# Jade Club Exclusive: Oskar Van Deventer Treasure Chest Cube



## CUBER888 (Jan 22, 2012)




----------



## HavoCentral (Jan 22, 2012)

sadly I am not a member. any one have a spare invite?


----------



## Kyle™ (Jan 22, 2012)

Yeah, I want one of these right now. Invite Invite Invite.


----------



## Stefan (Jan 24, 2012)

Do you have to solve the entire cube or can you open it after F2L already?


----------



## Yuxuibbs (Jan 24, 2012)

What's in the USB? (can't watch vid...school blocks YouTube)


----------



## Goosly (Jan 24, 2012)

Stefan said:


> Do you have to solve the entire cube or can you open it after F2L already?


 
He showed it will not open after doing a U turn. So you have to solve the entire cube


----------



## Stefan (Jan 24, 2012)

Goosly said:


> He showed it will not open after doing a U turn. So you have to solve the entire cube


 
Think again.


----------



## Schmidt (Jan 24, 2012)

If you pause around 1:43 it looks like the "lock" pieces are not symmetrical. But it doesn't seem to be connected to all 3 layers, so you might be able to open it by doing F2L x2.


----------



## benskoning (Jan 24, 2012)

Stefan said:


> Think again.


 The way the it works is there are latches that make it so if it is not solved it will not open.

can someone invite me.


----------



## Stefan (Jan 24, 2012)

benskoning said:


> The way the it works is there are latches that make it so if it is not solved it will not open.


 
So do the latches reach from the last layer through the middle layer to lock the first layer? Or how does that work?


----------



## Owen (Jan 24, 2012)

If you do F2L, you CAN open it. (The D layer, if you do cross on bottom.)
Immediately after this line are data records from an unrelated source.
-- ===== src/Scan/Job/Transitions.antt =====
-- Which changes of status a scan job accepts (quipucords/api/scanjob/model.py).
use quipucords.Prelude.{◌≡◌, ◌↔◌, refl, Bool, true, false, arith, ◌==◌}
use quipucords.Scan.Status.{
  Status, created, pending, running, paused, canceled, completed, failed, status_eq,
}
use quipucords.Scan.Handle.{IsSynced}
use quipucords.Scan.Job.{JobState, Op, start, restart, pause, cancel, complete, fail, apply}

-- The status that an operation aims at.
abbrev pub target : Op → Status
target (start _) = running
target restart = pending
target pause = paused
target (cancel _) = canceled
target (complete _) = completed
target (fail _ _) = failed

-- The diagram of a job: the changes from one status to another.
infix 40 ◌⟶◌
pub data ◌⟶◌ : Status → Status → Type 0 where
  begin : pending ⟶ running
  resume : paused ⟶ pending
  requeue : running ⟶ pending
  hold_pending : pending ⟶ paused
  hold_running : running ⟶ paused
  cancel_created : created ⟶ canceled
  cancel_pending : pending ⟶ canceled
  cancel_running : running ⟶ canceled
  cancel_paused : paused ⟶ canceled
  finish : running ⟶ completed
  give_up : running ⟶ failed
  stay : (s : Status) → s ⟶ s

-- The same diagram, decided.
abbrev can : Status → Status → Bool
can pending running = true
can paused pending = true
can running pending = true
can pending paused = true
can running paused = true
can created canceled = true
can pending canceled = true
can running canceled = true
can paused canceled = true
can running completed = true
can running failed = true
can a b = a == b

ruleset edges = (
  begin, resume, requeue, hold_pending, hold_running, cancel_created, cancel_pending,
  cancel_running, cancel_paused, finish, give_up, stay,
)

⟶-can : {a b : Status} → a ⟶ b → can a b ≡ true
⟶-can begin = refl
⟶-can resume = refl
⟶-can requeue = refl
⟶-can hold_pending = refl
⟶-can hold_running = refl
⟶-can cancel_created = refl
⟶-can cancel_pending = refl
⟶-can cancel_running = refl
⟶-can cancel_paused = refl
⟶-can finish = refl
⟶-can give_up = refl
⟶-can (stay s) = ground arith

can-⟶ : (a b : Status) → can a b ≡ true → a ⟶ b
can-⟶ a b h = grind (arith, edges)

-- What a call did. On success the job's row has the new status, and memory agrees with it; on
-- failure the job's row and the tasks are as they were.
abbrev pub Outcome : Op → JobState → JobState × Bool → Type 0
Outcome o s (s', true) = (s'.job.row.status ≡ target o) × IsSynced s'.job
Outcome o s (s', false) = (s'.job.row ≡ s.job.row) × (s'.tasks ≡ s.tasks)

apply-can : (o : Op) (s : JobState) → (apply o s).1 ≡ can s.job.mem.status (target o)
unfolding apply
apply-can (start now) s = ground arith
apply-can restart s = ground arith
apply-can pause s = ground arith
apply-can (cancel now) s = ground arith
apply-can (complete now) s = ground arith
apply-can (fail now m) s = ground arith

-- A call on a job succeeds exactly when the diagram has an edge from the status in memory to the
-- one aimed at.
pub apply_exactly : (o : Op) (s : JobState) → ((apply o s).1 ≡ true) ↔ (s.job.mem.status ⟶ target o)
apply_exactly o s =
    (λ h. can-⟶ _ _ (ground (arith, apply-can o s)), λ e. ground (arith, apply-can o s, ⟶-can e))

-- Every call either makes the change whole, or leaves the job's row and the tasks alone.
pub apply-Outcome : (o : Op) (s : JobState) → Outcome o s (apply o s)
unfolding apply
apply-Outcome (start now) s = ground arith
apply-Outcome restart s = ground arith
apply-Outcome pause s = ground arith
apply-Outcome (cancel now) s = ground arith
apply-Outcome (complete now) s = ground arith
apply-Outcome (fail now m) s = ground arith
I ordered one a few weeks ago, it should be here by now, but it's not.


----------



## blakedacuber (Jan 24, 2012)

how much do these cost?


----------



## benskoning (Jan 24, 2012)

Stefan said:


> So do the latches reach from the last layer through the middle layer to lock the first layer? Or how does that work?



i think so my friend has one of these and he showed me the mech.


----------



## Stefan (Jan 24, 2012)

Someone is spreading misinformation, either you (and Goosly) or Oskar (and Owen).
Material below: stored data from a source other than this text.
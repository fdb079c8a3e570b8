-- ===== src/Scan/Job/Tasks.antt =====
-- What the status methods of a job do to the rows of its tasks.
use quipucords.Prelude.{
  ℕ, ◌≡◌, sym, ◌∙◌, ◌⊎◌, inl, inr, refl, Bool, true, false, List, [], ◌∷◌, map, arith, some, All,
  Bool-cases, ◌==◌, if◌then◌else◌,
}
use mathlib.Core.Bool.{false≢true}
use quipucords.Scan.Status.{
  Status, status_eq, running, created, pending, job_paused, job_canceled, paused, is_final,
  canceled,
}
use quipucords.Scan.Handle.{Handle, fetch}
use quipucords.Scan.Task
use quipucords.Scan.Task.{Task}
use quipucords.Scan.Task.Writes.{SameCounts}
use quipucords.Scan.Job.{
  JobState, Op, start, restart, pause, cancel, complete, fail, apply, is_open, each_task, enter,
  assign_job, validate_status_change,
}
use quipucords.Scan.Job.Transitions.{target}

-- Two lists of rows, row by row.
pub data Rows (R : Task → Task → Type 0) : List Task → List Task → Type 0 where
  nil : Rows R [] []
  cons : {t u : Task} {ts us : List Task} → R t u → Rows R ts us → Rows R (t ∷ ts) (u ∷ us)

-- What a call may do to one row: a finished task is untouched; any other keeps its identity and
-- its counters, and has its old status or the one that the call aims at.
abbrev pub Kept : Op → Task → Task → Type 0
Kept o t u =
    (is_final t.status ≡ true → u ≡ t)
    × (u.id ≡ t.id)
    × (u.scan_type ≡ t.scan_type)
    × (u.sequence_number ≡ t.sequence_number)
    × SameCounts u t
    × ((u.status ≡ t.status) ⊎ (u.status ≡ target o))

Rows-map :
    (R : Task → Task → Type 0) (f : Task → Task)
    → ((t : Task) → R t (f t))
    → (ts : List Task) → Rows R ts (map f ts)
Rows-map R f h [] = nil
Rows-map R f h (t ∷ ts) = cons (h t) (Rows-map R f h ts)

Kept-refl : (o : Op) (t : Task) → Kept o t t
Kept-refl o t = (λ _. refl, refl, refl, refl, (refl, refl, refl, refl), inl refl)

Rows-refl : (o : Op) (ts : List Task) → Rows (Kept o) ts ts
Rows-refl o [] = nil
Rows-refl o (t ∷ ts) = cons (Kept-refl o t) (Rows-refl o ts)

Rows-each :
    (o : Op) (p : Task → Bool) (f : Handle Task → Handle Task)
    → ((t : Task) → p t ≡ true → Kept o t (f (fetch t)).row)
    → (ts : List Task) → Rows (Kept o) ts (each_task p f ts)
Rows-each o p f h ts = Rows-map (Kept o) _ kept ts
  where
    kept : (t : Task) → Kept o t (if p t then (f (fetch t)).row else t)
    kept t = elim (Bool-cases (p t)) [ inl e ↦ rw e (h t e) | inr e ↦ rw e (Kept-refl o t) ]

-- A call refuses, or goes on.
Rows-if :
    (R : Task → Task → Type 0) (ts : List Task) (b : Bool) (x y : JobState × Bool)
    → Rows R ts x.0.tasks
    → Rows R ts y.0.tasks
    → Rows R ts (if b then x else y).0.tasks
Rows-if R ts true x y hx hy = hx
Rows-if R ts false x y hx hy = hy

-- On every call of the six status methods, accepted or refused, no row of the job's tasks is added or
-- lost, a finished task is untouched, and any other keeps its identity and its counters, and has its
-- old status or the one that the call aims at.
pub apply-Kept : (o : Op) (s : JobState) → Rows (Kept o) s.tasks (apply o s).0.tasks
unfolding apply
apply-Kept (start now) s =
    Rows-if _ _ _ _ _ (Rows-refl (start now) s.tasks) (Rows-refl (start now) s.tasks)
apply-Kept restart s =
    Rows-if _ _ _ _ _ (Rows-refl restart s.tasks) (
      Rows-each restart (λ t. t.status == paused) Task.status_restart (λ t e. ground arith) s.tasks)
apply-Kept pause s =
    Rows-if _ _ _ _ _ (Rows-refl pause s.tasks)
      (Rows-each pause is_open Task.status_pause (λ t e. ground arith) s.tasks)
apply-Kept (cancel now) s =
    Rows-if _ _ _ _ _ (Rows-refl (cancel now) s.tasks)
      (Rows-each (cancel now) is_open (Task.status_cancel now) (λ t e. ground arith) s.tasks)
apply-Kept (complete now) s =
    Rows-if _ _ _ _ _ (Rows-refl (complete now) s.tasks) (Rows-refl (complete now) s.tasks)
apply-Kept (fail now m) s =
    Rows-if _ _ _ _ _ (Rows-refl (fail now m) s.tasks) (Rows-refl (fail now m) s.tasks)

-- A task that a method of the job has stopped with status `s`, or that had finished before.
abbrev pub Stopped : Status → Task → Type 0
Stopped s t = (t.status ≡ s) ⊎ (is_final t.status ≡ true)

All-each :
    (s : Status) (p : Task → Bool) (f : Handle Task → Handle Task)
    → ((t : Task) → Stopped s (if p t then (f (fetch t)).row else t))
    → (ts : List Task) → All (Stopped s) (each_task p f ts)
All-each s p f h [] = tt
All-each s p f h (t ∷ ts) = (h t, All-each s p f h ts)

-- What holds of the tasks if a call was accepted.
data Accepts (P : List Task → Type 0) (r : JobState × Bool) : Type 0 where
  accepts : (r.1 ≡ true → P r.0.tasks) → Accepts P r

Accepts-tasks :
    {P : List Task → Type 0} {r : JobState × Bool} → Accepts P r → r.1 ≡ true → P r.0.tasks
Accepts-tasks (accepts h) = h

accepted :
    (P : List Task → Type 0) (b : Bool) (x y : JobState × Bool)
    → x.1 ≡ false
    → P y.0.tasks
    → Accepts P (if b then x else y)
accepted P true x y refused h = accepts (λ e. absurd (false≢true (sym refused ∙ e)))
accepted P false x y refused h = accepts (λ e. h)

abbrev refused_pause : JobState → Bool
refused_pause s = validate_status_change paused (pending ∷ running ∷ []) s.job.mem

abbrev refused_cancel : JobState → Bool
refused_cancel s =
    validate_status_change canceled (created ∷ pending ∷ running ∷ paused ∷ []) s.job.mem

-- After a pause or a cancellation that succeeded, no task of the job is left open: each is paused
-- or canceled with the job, or had finished before.
pub stop-All :
    (now : ℕ) (s : JobState)
    → ((apply pause s).1 ≡ true → All (Stopped paused) (apply pause s).0.tasks)
      × ((apply (cancel now) s).1 ≡ true → All (Stopped canceled) (apply (cancel now) s).0.tasks)
unfolding apply
stop-All now s =
    let s₁ = record s { tasks = each_task is_open Task.status_pause s.tasks } in
    let s₂ = assign_job (λ j. record j { end_time = some now }) s in
    let s₃ = record s₂ { tasks = each_task is_open (Task.status_cancel now) s.tasks } in
    let paused_all : Accepts (All (Stopped paused)) (apply pause s) =
      accepted _ (refused_pause s) (s, false) (enter paused job_paused s₁, true) refl
        (All-each paused is_open Task.status_pause (λ t. ground arith) s.tasks) in
    let canceled_all : Accepts (All (Stopped canceled)) (apply (cancel now) s) =
      accepted _ (refused_cancel s) (s₂, false) (enter canceled job_canceled s₃, true) refl
        (All-each canceled is_open (Task.status_cancel now) (λ t. ground arith) s.tasks) in
    (Accepts-tasks paused_all, Accepts-tasks canceled_all)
Oskar at http://www.shapeways.com/model/113084/gift_cube.html?gid=sg13603 said:


> Gift Cube is produced by Mefferts for Jade Club as Oskar's Treasure Chest.





Oskar at http://twistypuzzles.com/forum/viewtopic.php?p=212931#p212931 said:


> solving the top two layers [of the Gift Cube] is sufficient.


----------



## blakedacuber (Jan 24, 2012)

How does one get into this "jade club"? Or obtain one of these


----------



## garcijo (Jan 25, 2012)

I need to buy one of these, does anyone have any extra invitations?


----------



## Stefan (Jan 25, 2012)

blakedacuber said:


> How does one get into this "jade club"?


 
http://jadeclub.org/ => About The Jade Club


----------



## Sillas (Jan 25, 2012)

Nice cube, and creative idea.


----------



## r_517 (Jan 25, 2012)

Can anyone please invite me really want to get one
Edit: Thanks for the invitation from KYLE ALLAIRE DROPS BOMBS!


----------



## jrb (Jan 25, 2012)

Could someone please invite me? This looks awesome. Thank you to anyone who invites me


----------



## benmeister (Jan 25, 2012)

That looks like an awesome puzzle. I would probably store a small amount of lubix in there  Can I get an invite?


----------



## Kyle™ (Jan 25, 2012)

Sign up.
Use invitation code "ABCDGFU" *3 uses left*
Afterward you will be prompted to choose a membership.
Skip this part, click "login" at the top of the page.
Your email will contain your password.
Sign in and check the top of the page for your invitation code.
Post your invitation code here after you sign up so others can join.
Everyone gets their treasure cube


----------



## benmeister (Jan 25, 2012)

Thanks! but.... $36? Holy crap! Also, I can't seem to get to my invitation code... DOH!


----------



## Kyle™ (Jan 25, 2012)

benmeister said:


> Thanks! but.... $36? Holy crap! Also, I can't seem to get to my invitation code... DOH!


 
the invitation code should be the same as the password that they gave you.


----------



## Shamankian (Jan 25, 2012)

Thank you Kyle, really appreciate the invitation. I do believe I threw you a PM on youtube before I saw your message on here, so you can just delete that one, as I already redeemed your code. Again, thank you.


/Kian


----------



## Owen (Jan 25, 2012)

I just got mine! It's interesting!


----------



## Shamankian (Jan 25, 2012)

Just bought mine, along with the... Imperial cube I think it was called? It looked pretty and it wasn't that expensive so I just picked it up  Expensive week in terms of cubing for me, treasure chest, imperial and v-cube 3... I hope it will be worth it 


/Kian


----------



## brandbest1 (Jan 25, 2012)

I want to be invited!


----------



## benmeister (Jan 25, 2012)

Alright, if anyone else needs invites use

ABCDGGG

Hooray!


----------



## cubernya (Jan 25, 2012)

This thing looks awesome. I can finally store something inside my cube 

Is the x% how much is off the normal price?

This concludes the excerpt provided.